§ **WHAT IS NEEDED**:
Could you set down exactly the lines in the records below between the line holding "pub record System (E : Type 0) : Type 0 where" and the line holding "Deps E) where", inclusive?

Dataset excerpts:
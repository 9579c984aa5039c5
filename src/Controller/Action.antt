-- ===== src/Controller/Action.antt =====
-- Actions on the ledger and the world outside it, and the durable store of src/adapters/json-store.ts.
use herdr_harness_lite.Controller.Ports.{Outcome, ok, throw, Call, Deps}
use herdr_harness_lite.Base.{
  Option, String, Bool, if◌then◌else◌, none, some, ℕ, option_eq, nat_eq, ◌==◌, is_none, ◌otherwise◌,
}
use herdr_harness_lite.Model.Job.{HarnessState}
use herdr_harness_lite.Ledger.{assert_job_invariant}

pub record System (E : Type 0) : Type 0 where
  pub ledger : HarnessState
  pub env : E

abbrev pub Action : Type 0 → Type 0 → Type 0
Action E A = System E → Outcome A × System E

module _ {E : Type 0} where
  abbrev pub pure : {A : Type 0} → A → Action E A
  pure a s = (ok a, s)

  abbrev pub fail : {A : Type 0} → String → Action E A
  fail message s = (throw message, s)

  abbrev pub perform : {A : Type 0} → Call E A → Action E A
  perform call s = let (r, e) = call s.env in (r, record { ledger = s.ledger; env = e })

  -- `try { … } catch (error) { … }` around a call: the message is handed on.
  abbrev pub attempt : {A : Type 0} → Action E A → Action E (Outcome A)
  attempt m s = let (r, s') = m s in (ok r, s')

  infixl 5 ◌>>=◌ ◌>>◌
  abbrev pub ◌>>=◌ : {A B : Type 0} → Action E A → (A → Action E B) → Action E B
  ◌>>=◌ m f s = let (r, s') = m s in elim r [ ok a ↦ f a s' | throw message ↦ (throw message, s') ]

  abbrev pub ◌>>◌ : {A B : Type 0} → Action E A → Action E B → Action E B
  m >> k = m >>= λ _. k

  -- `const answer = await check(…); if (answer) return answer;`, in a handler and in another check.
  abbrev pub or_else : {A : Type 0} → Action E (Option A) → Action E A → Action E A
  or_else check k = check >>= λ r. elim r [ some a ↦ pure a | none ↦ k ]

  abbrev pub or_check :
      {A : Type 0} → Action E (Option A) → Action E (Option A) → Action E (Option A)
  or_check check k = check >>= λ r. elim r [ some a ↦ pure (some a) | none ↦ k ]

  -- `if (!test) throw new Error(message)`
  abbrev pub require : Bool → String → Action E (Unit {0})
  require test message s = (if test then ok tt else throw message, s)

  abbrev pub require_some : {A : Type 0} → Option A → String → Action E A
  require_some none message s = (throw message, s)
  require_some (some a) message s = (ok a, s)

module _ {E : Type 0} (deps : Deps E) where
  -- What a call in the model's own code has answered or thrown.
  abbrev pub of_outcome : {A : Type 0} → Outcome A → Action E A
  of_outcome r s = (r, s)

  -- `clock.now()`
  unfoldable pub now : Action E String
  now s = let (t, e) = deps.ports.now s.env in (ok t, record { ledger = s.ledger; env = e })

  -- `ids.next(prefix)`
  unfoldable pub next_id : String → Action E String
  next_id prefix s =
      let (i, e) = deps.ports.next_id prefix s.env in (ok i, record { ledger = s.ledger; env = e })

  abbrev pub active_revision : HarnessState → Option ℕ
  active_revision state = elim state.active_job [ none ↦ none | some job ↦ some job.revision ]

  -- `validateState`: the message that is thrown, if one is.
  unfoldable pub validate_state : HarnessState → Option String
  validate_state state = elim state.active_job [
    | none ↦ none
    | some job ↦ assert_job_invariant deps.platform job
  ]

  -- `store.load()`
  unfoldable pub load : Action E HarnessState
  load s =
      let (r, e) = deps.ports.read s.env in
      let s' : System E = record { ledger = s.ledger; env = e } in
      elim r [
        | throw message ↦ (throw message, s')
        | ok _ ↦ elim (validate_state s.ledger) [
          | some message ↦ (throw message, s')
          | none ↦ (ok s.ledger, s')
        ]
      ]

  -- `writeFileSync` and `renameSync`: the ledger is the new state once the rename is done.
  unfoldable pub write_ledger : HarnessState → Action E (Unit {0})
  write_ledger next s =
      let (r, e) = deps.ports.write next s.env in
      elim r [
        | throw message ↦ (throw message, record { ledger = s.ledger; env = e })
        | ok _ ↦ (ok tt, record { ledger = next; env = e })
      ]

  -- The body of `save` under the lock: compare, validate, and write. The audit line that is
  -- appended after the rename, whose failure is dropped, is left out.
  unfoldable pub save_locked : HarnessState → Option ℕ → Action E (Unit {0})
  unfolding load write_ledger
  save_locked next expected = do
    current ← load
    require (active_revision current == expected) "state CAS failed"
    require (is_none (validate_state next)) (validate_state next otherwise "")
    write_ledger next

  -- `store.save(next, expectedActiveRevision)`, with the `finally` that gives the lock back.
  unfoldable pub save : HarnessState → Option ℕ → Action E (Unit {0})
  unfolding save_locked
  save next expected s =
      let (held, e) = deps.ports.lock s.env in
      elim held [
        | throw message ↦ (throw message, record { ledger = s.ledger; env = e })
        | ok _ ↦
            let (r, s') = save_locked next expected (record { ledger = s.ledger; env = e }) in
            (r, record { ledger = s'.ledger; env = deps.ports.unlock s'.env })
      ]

§ **WRITTEN SOLUTION**:
pub record System (E : Type 0) : Type 0 where
  pub ledger : HarnessState
  pub env : E

abbrev pub Action : Type 0 → Type 0 → Type 0
Action E A = System E → Outcome A × System E

module _ {E : Type 0} where
  abbrev pub pure : {A : Type 0} → A → Action E A
  pure a s = (ok a, s)

  abbrev pub fail : {A : Type 0} → String → Action E A
  fail message s = (throw message, s)

  abbrev pub perform : {A : Type 0} → Call E A → Action E A
  perform call s = let (r, e) = call s.env in (r, record { ledger = s.ledger; env = e })

  -- `try { … } catch (error) { … }` around a call: the message is handed on.
  abbrev pub attempt : {A : Type 0} → Action E A → Action E (Outcome A)
  attempt m s = let (r, s') = m s in (ok r, s')

  infixl 5 ◌>>=◌ ◌>>◌
  abbrev pub ◌>>=◌ : {A B : Type 0} → Action E A → (A → Action E B) → Action E B
  ◌>>=◌ m f s = let (r, s') = m s in elim r [ ok a ↦ f a s' | throw message ↦ (throw message, s') ]

  abbrev pub ◌>>◌ : {A B : Type 0} → Action E A → Action E B → Action E B
  m >> k = m >>= λ _. k

  -- `const answer = await check(…); if (answer) return answer;`, in a handler and in another check.
  abbrev pub or_else : {A : Type 0} → Action E (Option A) → Action E A → Action E A
  or_else check k = check >>= λ r. elim r [ some a ↦ pure a | none ↦ k ]

  abbrev pub or_check :
      {A : Type 0} → Action E (Option A) → Action E (Option A) → Action E (Option A)
  or_check check k = check >>= λ r. elim r [ some a ↦ pure (some a) | none ↦ k ]

  -- `if (!test) throw new Error(message)`
  abbrev pub require : Bool → String → Action E (Unit {0})
  require test message s = (if test then ok tt else throw message, s)

  abbrev pub require_some : {A : Type 0} → Option A → String → Action E A
  require_some none message s = (throw message, s)
  require_some (some a) message s = (ok a, s)

module _ {E : Type 0} (deps : Deps E) where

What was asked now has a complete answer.